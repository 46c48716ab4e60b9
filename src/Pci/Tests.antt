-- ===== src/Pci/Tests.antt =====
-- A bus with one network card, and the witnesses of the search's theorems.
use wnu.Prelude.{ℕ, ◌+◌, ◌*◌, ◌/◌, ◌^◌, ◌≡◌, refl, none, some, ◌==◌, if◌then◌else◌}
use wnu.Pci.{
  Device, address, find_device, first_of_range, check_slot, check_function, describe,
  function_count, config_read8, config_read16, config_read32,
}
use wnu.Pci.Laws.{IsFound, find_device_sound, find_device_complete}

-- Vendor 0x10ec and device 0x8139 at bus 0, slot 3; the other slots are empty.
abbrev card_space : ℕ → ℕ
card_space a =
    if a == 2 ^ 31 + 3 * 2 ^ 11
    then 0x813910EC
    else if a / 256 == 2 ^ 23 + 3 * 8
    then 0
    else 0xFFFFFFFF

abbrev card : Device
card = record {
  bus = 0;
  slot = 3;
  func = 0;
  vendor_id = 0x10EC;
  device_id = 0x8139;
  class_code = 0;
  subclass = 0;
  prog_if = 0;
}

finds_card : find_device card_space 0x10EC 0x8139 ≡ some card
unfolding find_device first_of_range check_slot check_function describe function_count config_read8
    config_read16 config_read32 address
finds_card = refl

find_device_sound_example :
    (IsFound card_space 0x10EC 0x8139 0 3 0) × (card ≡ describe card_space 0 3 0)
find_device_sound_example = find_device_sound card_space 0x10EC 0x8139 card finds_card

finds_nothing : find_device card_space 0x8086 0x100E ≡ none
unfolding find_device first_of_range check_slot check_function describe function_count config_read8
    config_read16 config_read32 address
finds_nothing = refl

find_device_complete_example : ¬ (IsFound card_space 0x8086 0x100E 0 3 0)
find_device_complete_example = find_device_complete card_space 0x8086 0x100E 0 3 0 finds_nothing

++++++++++

[What to work on]
Nothing should be left out: repeat all of the data exactly.

[Solved exercise]
repository 46c48716ab4e60b9
filename src/Pci/Tests.antt
-- ===== src/Pci/Tests.antt =====
-- A bus with one network card, and the witnesses of the search's theorems.
use wnu.Prelude.{ℕ, ◌+◌, ◌*◌, ◌/◌, ◌^◌, ◌≡◌, refl, none, some, ◌==◌, if◌then◌else◌}
use wnu.Pci.{
  Device, address, find_device, first_of_range, check_slot, check_function, describe,
  function_count, config_read8, config_read16, config_read32,
}
use wnu.Pci.Laws.{IsFound, find_device_sound, find_device_complete}

-- Vendor 0x10ec and device 0x8139 at bus 0, slot 3; the other slots are empty.
abbrev card_space : ℕ → ℕ
card_space a =
    if a == 2 ^ 31 + 3 * 2 ^ 11
    then 0x813910EC
    else if a / 256 == 2 ^ 23 + 3 * 8
    then 0
    else 0xFFFFFFFF

abbrev card : Device
card = record {
  bus = 0;
  slot = 3;
  func = 0;
  vendor_id = 0x10EC;
  device_id = 0x8139;
  class_code = 0;
  subclass = 0;
  prog_if = 0;
}

finds_card : find_device card_space 0x10EC 0x8139 ≡ some card
unfolding find_device first_of_range check_slot check_function describe function_count config_read8
    config_read16 config_read32 address
finds_card = refl

find_device_sound_example :
    (IsFound card_space 0x10EC 0x8139 0 3 0) × (card ≡ describe card_space 0 3 0)
find_device_sound_example = find_device_sound card_space 0x10EC 0x8139 card finds_card

finds_nothing : find_device card_space 0x8086 0x100E ≡ none
unfolding find_device first_of_range check_slot check_function describe function_count config_read8
    config_read16 config_read32 address
finds_nothing = refl

find_device_complete_example : ¬ (IsFound card_space 0x8086 0x100E 0 3 0)
find_device_complete_example = find_device_complete card_space 0x8086 0x100E 0 3 0 finds_nothing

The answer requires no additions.